Example 1 result based on the hosted MCP dataset inventory flow.


That is a good example of the kind of first-pass result you want from hosted MCP. Before you ask for regressions, spikes, or cache behaviour, you first want the system to tell you which datasets are actually carrying the production CDN traffic.

Example 2: Look for elevated error responses

Prompt:

In the last 30 minutes, look through our CDN logs for elevated 5xx responses and group them by host, path, and status code.

What to look for in CDN logs:

  • spikes in 5xx status codes
  • concentration on a single hostname, service, or path
  • whether the failures are broad or isolated
  • whether only a subset of POPs or edges are affected

This is one of the fastest ways to distinguish:

  • a widespread origin issue
  • a bad deploy affecting one route
  • a customer-specific path problem or noisy but low-impact isolated errors

CDN 5xx regression result.

Example 3: Investigate latency regressions

Prompt:

Compare CDN response-time metrics for the last hour against the previous hour and identify the hosts or paths with the largest regression.

What to look for in CDN logs:

  • increases in origin time or total response time
  • regressions concentrated on one host or endpoint
  • whether the issue appears at the edge or upstream
  • whether the shift aligns with deploy or traffic changes

This is especially useful when users report "the site feels slower" but there is no obvious outage.

This is the kind of latency investigation the hosted MCP workflow makes easier: compare time windows, identify the worst regressions, and narrow quickly to the hosts and paths driving the slowdown.

Response Time regression result.

Example 4: Look for cache effectiveness problems

Prompt:

"Search our CDN logs for cache-related fields and show whether cache miss rates increased in the last 24 hours."

What to look for in CDN logs:

  • cache hit vs miss patterns
  • sudden increases in origin fetches
  • path prefixes with poor cache efficiency
  • changes after a release or cache-key adjustment

This kind of question is often hard to answer quickly if you do not already know the exact field names in the dataset. MCP helps by discovering the relevant keys first, then narrowing the search.

This is the kind of cache analysis the hosted MCP workflow makes easier: identify where cache misses are increasing, see which paths are driving origin load, and tell whether the issue is broad or concentrated.

Cache miss analysis result.

Example 5: Investigate abusive or unusual traffic

Prompt:

"Use CDN logs from the last 15 minutes to find unusual request-volume spikes by client IP, user agent, host, and path."

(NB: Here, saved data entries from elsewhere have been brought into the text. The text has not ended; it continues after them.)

-- ===== src/Server/Registry.antt =====
-- The client registry of server/src/registry.rs. An actor's address is a number; the messages that
-- a handler sends to other actors are the list that it returns.
pub mod Sync
pub mod Reach
use shamichan.Prelude.{
  ℕ, List, [], ◌∷◌, ◌++◌, Option, none, some, Bool, true, false, if◌then◌else◌, ◌==◌,
}
use shamichan.Prelude.Eq.{ℕ_eq}
use shamichan.Collections.HashMap
use shamichan.Collections.HashMap.{HashMap}
use shamichan.Collections.SetMap
use shamichan.Collections.SetMap.{SetMap}
use shamichan.Server.Snapshot.{SnapshotSource, Snapshot, snapshot, deref_mut}
use shamichan.Server.Snapshot

pub record ClientDescriptor : Type 0 where
  pub feed : Option ℕ
  pub pub_key : Option ℕ
  pub addr : ℕ

abbrev pub Clients : Type 0
Clients = HashMap ℕ ℕ

pub record Registry : Type 0 where
  pub clients : HashMap ℕ ClientDescriptor
  pub feed_clients : HashMap ℕ (SnapshotSource Clients)
  pub by_pub_key : SetMap ℕ ℕ
  pub index_feed : ℕ
  pub feeds : HashMap ℕ ℕ

pub data AnyFeed : Type 0 where
  index thread : ℕ → AnyFeed

-- What a handler sends, with the addresses it sends to.
pub data Sent : Type 0 where
  wake_up : AnyFeed → Sent
  fetch_feed_data : AnyFeed → ℕ → Sent
  -- the new thread's identifier, to the index feed
  insert_thread : ℕ → ℕ → Sent

pub data Error : Type 0 where
  client_not_found feed_not_found : ℕ → Error

pub data Result {ℓ} (A : Type ℓ) : Type ℓ where
  ok : A → Result A
  err : Error → Result A

-- `Registry::get_thread_feed_addr`
unfoldable pub get_thread_feed_addr : Registry → ℕ → Result ℕ
get_thread_feed_addr r id = elim (HashMap.get r.feeds id) [
  | none ↦ err (feed_not_found id)
  | some a ↦ ok a
]

-- `Registry::wake_up_feed`: a missing thread feed is passed over.
unfoldable pub wake_up_feed : Registry → ℕ → List Sent
wake_up_feed r id =
    if id == 0
    then wake_up (index r.index_feed) ∷ []
    else elim (HashMap.get r.feeds id) [ none ↦ [] | some f ↦ wake_up (thread f) ∷ [] ]

-- `Handler<RegisterClient>`
unfoldable pub register_client : Registry → ℕ → ℕ → Registry
register_client r id addr = record r {
  clients = HashMap.insert r.clients id (record { feed = none; pub_key = none; addr = addr });
}

abbrev pub forget_in :
    HashMap ℕ (SnapshotSource Clients)
    → ℕ
    → ℕ
    → Option (SnapshotSource Clients)
    → HashMap ℕ (SnapshotSource Clients)
forget_in m feed client none = m
forget_in m feed client (some s) =
    HashMap.insert m feed (deref_mut (λ h. HashMap.remove h client) s)

-- `if let Some(s) = self.feed_clients.get_mut(feed) { s.remove(client); }`
unfoldable pub forget :
    HashMap ℕ (SnapshotSource Clients) → ℕ → ℕ → HashMap ℕ (SnapshotSource Clients)
forget m feed client = forget_in m feed client (HashMap.get m feed)

abbrev pub leave_feed : Registry → ℕ → Option ℕ → Registry
leave_feed r client none = r
leave_feed r client (some feed) = record r { feed_clients = forget r.feed_clients feed client }

abbrev pub leave_key : Registry → ℕ → Option ℕ → Registry
leave_key r client none = r
leave_key r client (some pub_key) = record r {
  by_pub_key = (SetMap.remove r.by_pub_key pub_key client).0;
}

abbrev pub wake_left : Registry → Option ℕ → List Sent
wake_left r none = []
wake_left r (some feed) = wake_up_feed r feed

-- The record goes, then the places in the feed's and the key's sets.
abbrev pub unregister : Registry → ℕ → Option ClientDescriptor → Registry × List Sent
unregister r client none = (r, [])
unregister r client (some desc) =
    let r' : Registry = record r { clients = HashMap.remove r.clients client } in
    (leave_key (leave_feed r' client desc.feed) client desc.pub_key, wake_left r' desc.feed)

-- `Handler<UnregisterClient>`: nothing, if the client is gone already.
unfoldable pub unregister_client : Registry → ℕ → Registry × List Sent
unregister_client r client = unregister r client (HashMap.get r.clients client)

abbrev pub join_in :
    HashMap ℕ (SnapshotSource Clients)
    → ℕ
    → ℕ
    → ℕ
    → Option (SnapshotSource Clients)
    → HashMap ℕ (SnapshotSource Clients)
join_in m feed client addr (some s) =
    HashMap.insert m feed (deref_mut (λ h. HashMap.insert h client addr) s)
join_in m feed client addr none =
    HashMap.insert m feed (Snapshot.new (HashMap.insert [] client addr))

-- The entry of `feed_clients` for the new feed, occupied or vacant.
unfoldable pub join :
    HashMap ℕ (SnapshotSource Clients) → ℕ → ℕ → ℕ → HashMap ℕ (SnapshotSource Clients)
join m feed client addr = join_in m feed client addr (HashMap.get m feed)

-- The feed's address, as a value of `AnyFeed`.
unfoldable pub find_feed : Registry → ℕ → Result AnyFeed
unfolding get_thread_feed_addr
find_feed r feed =
    if feed == 0
    then ok (index r.index_feed)
    else elim (get_thread_feed_addr r feed) [ ok a ↦ ok (thread a) | err e ↦ err e ]

-- The registration on the new feed, behind the clean-up of the old one.
abbrev pub enter : Registry → ℕ → ℕ → ClientDescriptor → Registry
enter r client feed desc = record r {
  clients = HashMap.insert r.clients client (record desc { feed = some feed });
  feed_clients = join r.feed_clients feed client desc.addr;
}

abbrev pub same_feed : Option ℕ → ℕ → Bool
same_feed none feed = false
same_feed (some old) feed = old == feed

abbrev pub switch : Registry → ℕ → ℕ → ClientDescriptor → AnyFeed → Registry × List Sent
switch r client feed desc new_feed = if same_feed desc.feed feed then (r, []) else (
  enter (leave_feed r client desc.feed) client feed desc,
  wake_left r desc.feed ++ wake_up new_feed ∷ fetch_feed_data new_feed desc.addr ∷ [],
)

abbrev pub set_on :
    Registry
    → ℕ
    → ℕ
    → Result AnyFeed
    → Option ClientDescriptor
    → (Registry × List Sent) × Result AnyFeed
set_on r client feed (err e) desc = ((r, []), err e)
set_on r client feed (ok new_feed) none = ((r, []), err (client_not_found client))
set_on r client feed (ok new_feed) (some desc) = (switch r client feed desc new_feed, ok new_feed)

-- `Handler<SetFeed>`: the registry after the call, what is sent, and the result.
unfoldable pub set_feed : Registry → ℕ → ℕ → (Registry × List Sent) × Result AnyFeed
set_feed r client feed = set_on r client feed (find_feed r feed) (HashMap.get r.clients client)

abbrev pub key_on : Registry → ℕ → ℕ → Option ClientDescriptor → Registry × Result (Unit {0})
key_on r client pub_key none = (r, err (client_not_found client))
key_on r client pub_key (some desc) = (
  record r {
    clients = HashMap.insert r.clients client (record desc { pub_key = some pub_key });
    by_pub_key = SetMap.insert r.by_pub_key pub_key client;
  },
  ok tt,
)

-- `Handler<SetPublicKey>`
unfoldable pub set_public_key : Registry → ℕ → ℕ → Registry × Result (Unit {0})
set_public_key r client pub_key = key_on r client pub_key (HashMap.get r.clients client)

-- `Handler<GetFeed>`
unfoldable pub get_feed : Registry → ℕ → Result ℕ
unfolding get_thread_feed_addr
get_feed r id = get_thread_feed_addr r id

-- `Handler<InsertThread>`, with the address of the feed that is started for the thread.
unfoldable pub insert_feed : Registry → ℕ → ℕ → (Registry × List Sent) × ℕ
insert_feed r id addr = (
  (record r { feeds = HashMap.insert r.feeds id addr }, insert_thread id r.index_feed ∷ []),
  addr,
)

abbrev pub snapshot_on :
    Registry → ℕ → Option (SnapshotSource Clients) → Registry × Snapshot Clients
snapshot_on r feed none = (r, record { snapshot_version = 0; val = [] })
snapshot_on r feed (some s) =
    (record r { feed_clients = HashMap.insert r.feed_clients feed (snapshot s).0 }, (snapshot s).1)

-- `Handler<SnapshotClients>`: the default snapshot for a feed that has no clients yet.
unfoldable pub snapshot_clients : Registry → ℕ → Registry × Snapshot Clients
snapshot_clients r feed = snapshot_on r feed (HashMap.get r.feed_clients feed)

-- `Handler<GetIndexFeed>`
unfoldable pub get_index_feed : Registry → ℕ
get_index_feed r = r.index_feed

start_feeds : HashMap ℕ ℕ → List (ℕ × ℕ) → HashMap ℕ ℕ
start_feeds m [] = m
start_feeds m ((id, addr) ∷ threads) = start_feeds (HashMap.insert m id addr) threads

-- `Registry::new`, over the threads of the database with the addresses of their feeds.
unfoldable pub new : ℕ → List (ℕ × ℕ) → Registry
unfolding start_feeds
new index_feed threads = record {
  clients = [];
  feed_clients = [];
  by_pub_key = [];
  index_feed = index_feed;
  feeds = start_feeds [] threads;
}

What to look for in CDN logs:

  • sudden traffic concentration from a small set of IPs
  • repeated hits to a small set of endpoints
  • suspicious user-agent patterns
  • abnormal request mix compared with baseline traffic

This helps with:

  • bot traffic
  • scraper spikes
  • attack reconnaissance
  • or accidental client retry storms

This is the kind of traffic investigation the hosted MCP workflow makes easier: isolate sudden spikes, see which IPs or paths dominate the burst, and decide quickly whether you are looking at bots, scrapers, or retry storms.

Traffic spike analysis result.

Closing thoughts

The original Bronto MCP Server post showed that log data is a strong MCP use case. The hosted version makes that workflow much easier to operationalize.

Instead of asking users to install and run infrastructure locally, Bronto can now provide the MCP endpoint directly, with MCP sign-in and access managed through the product itself, as it would be for other uses of Bronto such as the UI or direct API.

And CDN logs are exactly the kind of data where this shines: large volumes, fast-moving operational questions, and investigations that benefit from being able to move fluidly from dataset discovery, to raw search, to concrete explanations.

If the first phase of MCP was proving that AI clients can be useful on top of log data, the hosted phase is about making that capability practical for more teams and allow them to analyse, find faults and debug more easily and quickly.